Pour ma par j ai beau y entrer l adresse de mon mac distant ou j ai bien tout paramétrer suivant un tuto au pied de la lettre rien n y fait 

par contre niveau port il choisi tout seul le 5900 e si je veux en changer en entrant mon adresse ip + un numero de port il ne cherche même pas quoique ce soit et m indique que c est pas possible ?? 

Novice dans ce genre de soft je voius remercie de votre aide


----------



## jp16 (13 Janvier 2009)

Petite précision j ai trop bu d herbe de bison (comprendra qui pourra .. ) 

Connexion time out 

Et jolly fast ne marche pas non plus 

Donc problème de configuration 

Je ne pense pas que ca vienne du Imac alu 2,66 (10.5.et quelques ) distant mais plutot du emac G4 800 (10.4.11)

Peut est parce qu ici je passe par un switch et la live box du voisin ? (a parametrer peut etre ?? )

Merci a tous


----------



## jp16 (13 Janvier 2009)

Tien certainement le problème 

Je viens de lire qu il fallait ouvrir le port NAT de la freebox ce que je n ai pas fait 
 ( je relirai le tuto mais je crois que ce n etait pas marque .. )
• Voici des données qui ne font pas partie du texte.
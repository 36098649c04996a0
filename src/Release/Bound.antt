-- ===== src/Release/Bound.antt =====
-- What `run` has made sure of when it publishes.
use onesti_lock.Base.{
  ℕ, Bool, false, Result, ok, err, List, [], ◌∷◌, ◌++◌, Option, none, some, not, ◌≡◌, refl, sym, ap,
  ◌∙◌, ◌⊎◌, inl, inr, guard, guard-eq_ok, ok-injective, >>=-eq_ok,
}
use onesti_lock.Integration.Services.{same_text}
use onesti_lock.Integration.Services.Meant.{same_text-eq}
use onesti_lock.Release.{Halt, Candidate, Release, World, stop}
use onesti_lock.Release.Zip.{Import, Packed, build_zip}
use onesti_lock.Release.Guards.{
  find_release, require_main_branch, draft_on_candidate, right_zip, should_be_latest,
}
use onesti_lock.Release.Published.{Info, check_published}
use onesti_lock.Release.Publish.{
  Write, publish_release, Ran, continued, ◌>>=◌, given, Options, Outcome, published, planned,
  ensure_tag, prepared, published_as, decided, attested_zip, new_release, found, run, worse,
}
use onesti_lock.Release.Steps.{
  read_then, either_branch, Unpublished, continued-Unpublished, ensure_tag-Unpublished,
}
use onesti_lock.Release.Prepared.{prepared-Unpublished, IsReady, prepared-IsReady}

-- A fresh build of the candidate, and the ZIP that goes out has its digest.
abbrev pub IsBuild : (List ℕ → List ℕ) → Result Halt (List ℕ) → List ℕ → Type 0
IsBuild sha256 built file =
    (expected : List ℕ) × (built ≡ ok expected) × (sha256 file ≡ sha256 expected)

right_zip-IsBuild :
    (sha256 : List ℕ → List ℕ) (path : Option (List ℕ)) (built : Result Halt (List ℕ))
    (file : List ℕ)
    → right_zip sha256 path built ≡ ok file
    → IsBuild sha256 built file
right_zip-IsBuild sha256 none built file h = (file, h, refl)
right_zip-IsBuild sha256 (some f) built file h =
    let (expected, made, rest) = >>=-eq_ok built _ h in
    let (u, same, last) = >>=-eq_ok (guard (same_text (sha256 f) (sha256 expected)) stop) _ rest in
    (
      expected,
      made,
      ap sha256 (sym (ok-injective last))
          ∙ same_text-eq (sha256 f) (sha256 expected)
              (guard-eq_ok (same_text (sha256 f) (sha256 expected)) stop same),
    )

-- Whether a release is out, and no draft.
abbrev pub is_out : Option Release → Bool
is_out none = false
is_out (some r) = not r.draft

module _ (parse : List ℕ → Option (List Import)) (zip : List Packed → List ℕ)
    (sha256 : List ℕ → List ℕ) (infolist : List ℕ → Result Halt (List Info)) (w : World)
    (o : Options) (c : Candidate) where
  -- What is so of a release that goes out: the ZIP, its digest, the tag and the draft are of one commit.
  abbrev pub Ships : Option Release → List ℕ → ℕ → Bool → Type 0
  Ships drafted file id latest =
      (find_release w c ≡ ok drafted)
      × (is_out drafted ≡ false)
      × (o.plan_only ≡ false)
      × (require_main_branch w c o.trial ≡ ok tt)
      × (draft_on_candidate c drafted ≡ ok tt)
      × IsBuild sha256 (build_zip parse zip w c.sha) file
      × (attested_zip parse zip sha256 infolist w o c file ≡ ok tt)
      × (should_be_latest w c ≡ ok latest)
      × IsReady parse zip sha256 infolist w o c drafted file id

  -- Nothing is made public; or that is the last thing that is written, and the release ships.
  abbrev pub Guarded : Ran Outcome → Type 0
  Guarded x =
      Unpublished x.writes
      ⊎ (drafted : Option Release) × (file : List ℕ) × (id : ℕ) × (latest : Bool) × (before : List
          Write)
        × (x.writes ≡ before ++ publish_release id latest ∷ [])
        × Unpublished before
        × Ships drafted file id latest

  published_writes :
      (id : ℕ) (latest : Bool) (answer : Result Halt (Unit {0}))
      → (continued (publish_release id latest ∷ []) answer (λ _. given published)).writes
        ≡ publish_release id latest ∷ []
  published_writes id latest (ok _) = refl
  published_writes id latest (err e) = refl

  last_call :
      (drafted : Option Release) (file : List ℕ) (latest : Bool)
      → o.plan_only ≡ false
      → (before : List Write) (r : Result Halt ℕ) → Unpublished before
      → ((id : ℕ) → r ≡ ok id → Ships drafted file id latest)
      → Guarded (continued before r (published_as parse zip sha256 infolist w o c latest))
  last_call drafted file latest wet before (err e) quiet ships = inl quiet
  last_call drafted file latest wet before (ok id) quiet ships = inr (
    drafted,
    file,
    id,
    latest,
    before,
    rw wet (ap (λ l. before ++ l) (published_writes id latest w.published)),
    quiet,
    ships id refl,
  )

  decided-Guarded :
      (drafted : Option Release) (file body : List ℕ) (latest : Bool)
      → ((id : ℕ)
          → o.plan_only ≡ false
          → IsReady parse zip sha256 infolist w o c drafted file id
          → Ships drafted file id latest)
      → Guarded (decided parse zip sha256 infolist w o c drafted file body latest)
  decided-Guarded drafted file body latest ships =
      either_branch Guarded o.plan_only (ensure_tag w c o.plan_only >>= λ _. given planned)
        (prepared parse zip sha256 infolist w o c drafted file body
          >>= published_as parse zip sha256 infolist w o c latest)
        (λ dry. inl (
          continued-Unpublished (ensure_tag w c o.plan_only).writes
            (ensure_tag w c o.plan_only).outcome _ (ensure_tag-Unpublished w c o.plan_only)
            (λ _. tt)))
        (λ wet.
          last_call drafted file latest wet
            (prepared parse zip sha256 infolist w o c drafted file body).writes
            (prepared parse zip sha256 infolist w o c drafted file body).outcome
            (prepared-Unpublished parse zip sha256 infolist w o c drafted file body)
            (λ id ended.
              ships id wet
                (prepared-IsReady parse zip sha256 infolist w o c drafted file body id wet ended)))

  new_release-Guarded :
      (drafted : Option Release)
      → find_release w c ≡ ok drafted
      → is_out drafted ≡ false
      → Guarded (new_release parse zip sha256 infolist w o c drafted)
  new_release-Guarded drafted there open_still =
      read_then Guarded (require_main_branch w c o.trial) _ (λ e. inl tt)
        (λ u main.
          read_then Guarded (draft_on_candidate c drafted) _ (λ e. inl tt)
            (λ v own.
              read_then Guarded (right_zip sha256 o.zip_path (build_zip parse zip w c.sha)) _
                (λ e. inl tt)
                (λ file built.
                  read_then Guarded (attested_zip parse zip sha256 infolist w o c file) _
                    (λ e. inl tt)
                    (λ x attested.
                      read_then Guarded (w.body (sha256 file)) _ (λ e. inl tt)
                        (λ body told.
                          read_then Guarded (should_be_latest w c) _ (λ e. inl tt)
                            (λ latest newest.
                              decided-Guarded drafted file body latest (λ id wet ready. (
                                there,
                                open_still,
                                wet,
                                main,
                                own,
                                right_zip-IsBuild sha256 o.zip_path (build_zip parse zip w c.sha)
                                    file built,
                                attested,
                                newest,
                                ready,
                              ))))))))

  found-Guarded :
      (drafted : Option Release)
      → find_release w c ≡ ok drafted
      → Guarded (found parse zip sha256 infolist w o c drafted)
  found-Guarded none there =
      either_branch Guarded o.strict _ _ (λ strict. inl tt)
        (λ _. new_release-Guarded none there refl)
  found-Guarded (some r) there =
      either_branch Guarded r.draft _ _
        (λ draft.
          either_branch Guarded o.strict _ _ (λ strict. inl tt)
            (λ _. new_release-Guarded (some r) there (ap not draft)))
        (λ out.
          read_then Guarded (check_published parse zip sha256 infolist w c r) _ (λ e. inl tt)
            (λ checks _.
              either_branch Guarded (worse o.strict checks) _ _ (λ _. inl tt) (λ _. inl tt)))

  -- Whatever git and GitHub answer, either nothing that `run` writes makes a release public, or the
  -- last thing that it writes does, and nothing before it: a release that it makes is a draft. Then this is no dry run and no check, the release
  -- was not out, the candidate passed the main-branch guard, a draft that was there is of the candidate,
  -- the ZIP has the digest of a fresh build of the commit and passed the attestation check where one is
  -- required, `latest` is what should_be_latest says, the tag is on the commit or was made there, and
  -- the published release is the draft, with an asset that reads back with the digest of the ZIP.
  pub run-Guarded : Guarded (run parse zip sha256 infolist w o c)
  unfolding run
  run-Guarded =
      read_then Guarded (find_release w c) _ (λ e. inl tt) (λ r there. found-Guarded r there)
J essayrai de voir comment on fait ca demain



Bon, il n'est jamais trop tard pour bien faire : le contrôle à distance d'un ordi passant nécessairement par le réseau (internet ou intranet, peu importe), la place de ce topic est dans "Internet et réseau" !


----------



## Old Timer (14 Janvier 2009)

Bonjour, ça dépend de ce que tu veux faire, mais tu peux facilement contrôler à distance avec logmein


----------



## Invité (14 Janvier 2009)

Pour Chicken, si c'est paramétré correctement et si on coche "utiliser Bonjour" dans le menu "Chicken of VNC", les ordis connectés sur le même réseau apparaissent automatiquement, voir ci-dessous :







Il faut aussi penser à ouvrir le port nécessaire dans le coupe feu du Mac. Chez moi c'est le port 5500.

Pour l'histoire du clavier, il suffit ( :rateau: ) de mettre son propre clavier en "Américain" dans la barre de menu, et ça le fait !


----------



## jp16 (15 Janvier 2009)

Non justement ce ne sont pas du tout les mêmes réseaux et c est la ou ca se complique .... un peu :lol:


----------